Thx qst42know for showing me how the "quote" buttons work.

Butcher said



> another way I put them in corningware skillet on hot plate High till no smoke left only fine powder, then HCl Bleach, also do silver this way , more than one way to do these things, thats the beauty



Could you explain a little more how you do the silver this way?

Thanks,
John


----------



## butcher (Feb 15, 2009)

silver mylar type strips,etc. can be incenerated with torch,in furnace or on stove top, of coarse if going after silver, then nitric would be my acid of choice.


----------



## jamthe3 (Feb 15, 2009)

Thank you Butcher

John


----------



## hyperdash (Oct 17, 2011)

joehast said:


> Office Max will give $3 credit per HP ink cartridge. You must sign up for a Max Perks reward card. It's worth it...

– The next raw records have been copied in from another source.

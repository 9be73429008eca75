-- ===== src/Log/Invariant/Message.antt =====
-- `pushLog`, from a valid handler.
use ventilation_system_proje.Common.{
  ℕ, suc, ◌+◌, ◌<◌, ◌≡◌, refl, ap, ◌∙◌, List, some, arith, true, leb, lt→leb, le→leb, if◌then◌else◌,
  dec_lt,
}
use Prim.Native.String.{String}
use ventilation_system_proje.Eeprom.Storage.{Storage}
use ventilation_system_proje.Log.{
  LogHandler, LogMessage, test, test2, create_log_array, message_code, get_timestamp_since_boot,
  log_messages,
}
use ventilation_system_proje.Log.Handler.{
  Publication, push_log, clear_slots, enter_log_to_eeprom, text_at, log_publication,
}
use ventilation_system_proje.Log.Slots.{slot}
use ventilation_system_proje.Log.Push.{enter_log_stores}
use ventilation_system_proje.Log.Invariant.Entries.{Filled-same}
use ventilation_system_proje.Log.Invariant.Area.{next_slot}
use ventilation_system_proje.Log.Invariant.{
  log_base, reboot_base, log-IsArea, entry-first, IsValid, Pushed-either, AfterPush,
}

abbrev pub log_bytes : LogMessage → ℕ → LogHandler → List ℕ
log_bytes message now h =
    create_log_array (message_code message) (get_timestamp_since_boot now h.boot_timestamp)

abbrev pub log_text : LogMessage → String
log_text test = "Test"
log_text test2 = "Test2"

pub log_text_at :
    (message : LogMessage) → text_at log_messages (message_code message) ≡ some (log_text message)
log_text_at test = refl
log_text_at test2 = refl

module _ (s : Storage) where
  abbrev log_moved : LogHandler → ℕ → s.Mem → LogMessage → LogHandler × s.Mem × Publication
  log_moved h k m1 message = (
    record h { unused_log_addr = slot log_base (next_slot k) },
    if leb 256 (suc k) then clear_slots s 256 log_base m1 else m1,
    log_publication (log_text message),
  )

  push_log-moves :
      (message : LogMessage) (now : ℕ) (h : LogHandler) (m m1 : s.Mem) (k : ℕ)
      → h.has_comm_handler ≡ true
      → h.unused_log_addr ≡ slot log_base k
      → k < 256
      → enter_log_to_eeprom s (log_bytes message now h) 6 h.unused_log_addr m ≡ some m1
      → push_log s message now h m ≡ some (log_moved h k m1 message)
  unfolding push_log
  push_log-moves message now h m m1 k has a room e = elim (dec_lt (suc k) 256) [
    | yes more ↦
        let l : h.unused_log_addr + 8 ≡ slot log_base (next_slot k) = omega arith in
        rw
          (
            e,
            log_text_at message,
            lt→leb 2048 (h.unused_log_addr + 8) (omega arith),
            lt→leb 256 (suc k) more,
            has,
            l,
          )
          refl
    | no full ↦
        let l : slot log_base (next_slot k) ≡ 0 = omega arith in
        rw
          (
            e,
            log_text_at message,
            le→leb 2048 (h.unused_log_addr + 8) (omega arith),
            le→leb 256 (suc k) (omega arith),
            has,
            l,
          )
          refl
  ]

  -- From a valid handler (each area holds its entries from the first slot on without a gap, and
  -- the handler's addresses are those of the first free slots) with a communication handler,
  -- `pushLog` returns and publishes the message; it stores the entry of the message, sealed by a
  -- checksum that verifies, in the first free slot of the message log, or frees that whole log if
  -- this was its last slot; it changes no cell outside the log, and the handler is valid again.
  pub push_log_lem :
      (message : LogMessage) (now : ℕ) (h : LogHandler) (m : s.Mem) (k j : ℕ)
      → IsValid s h m k j
      → h.has_comm_handler ≡ true
      → AfterPush s log_base k
          (next_slot k)
          j
          (log_bytes message now h)
          (log_publication (log_text message))
          m
          (push_log s message now h m)
  push_log_lem message now h m k j v has =
      let code = message_code message in
      let time = get_timestamp_since_boot now h.boot_timestamp in
      let r = v.logs.room in
      let at = v.log_addr in
      let (entry, is_entry, stores) =
        enter_log_stores s code time (slot log_base k) m (omega arith) in
      let (len, first) = entry-first code time entry is_entry in
      let stores' = ap (λ a. enter_log_to_eeprom s (log_bytes message now h) 6 a m) at ∙ stores in
      let p = Pushed-either s m log-IsArea v.ready v.logs len first in
      record {
        handler = record h { unused_log_addr = slot log_base (next_slot k) };
        mem =
            if leb 256 (suc k)
            then clear_slots s 256 log_base (s.store (slot log_base k) entry m)
            else s.store (slot log_base k) entry m;
        returns =
            push_log-moves message now h m (s.store (slot log_base k) entry m) k has at r stores';
        entry = entry;
        is_entry = is_entry;
        pushed = p;
        valid = record {
          ready = p.ready;
          log_addr = refl;
          logs = p.filled;
          reboot_addr = v.reboot_addr;
          reboots =
              Filled-same (s.cell m) _ reboot_base j (λ b q w. p.outside b (omega arith)) v.reboots;
        };
      }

this was on 2008 right? now they're offering it for $2 only.. wonder what happened.. also what is the best tool to use in incinerating?


----------



## Claudie (Oct 17, 2011)

If you can find a place to buy them at any price, it's probably more than you will get from Gold value from them. :|


----------



## sena (Oct 17, 2011)

I was selling this for nearly 100nos per month , which was fetching good price ,rather to find more profit from the gold in it, the person who buys it get the case refilled with blue or black ink sells it to secondary market.


----------



## jimdoc (Oct 17, 2011)

hyperdash said:


> joehast said:
> 
> 
> > Office Max will give $3 credit per HP ink cartridge. You must sign up for a Max Perks reward card. It's worth it...
> ...



Watch Office Max, you have to spend as much in the store as your rewards to receive your credits. Staples is only $2 per cartridge, but they just issue you the rewards without a spending requirement.

Jim


----------



## goldi (Nov 12, 2011)

jimdoc said:


> hyperdash said:
> 
> 
> > joehast said:
> ...




Do they only do recycling things for HP only? how about for kodak? how much will i get for my rewards account?


----------



## jimdoc (Nov 12, 2011)

Staples is $2 per cartridge, and up to 10 per month. So that will get you $20 in rewards each month as long as you remember to drop off 10 per month. You then have to use the rewards before 90 days. They take all brands.

If you buy a lot of office supplies, Office Max gives you $3 per cartridge, but you have to spend that much to receive your rewards. I lost $210 in Office Max rewards because I don't buy much office supplies. And Office Max only takes certain brands.

Jim


----------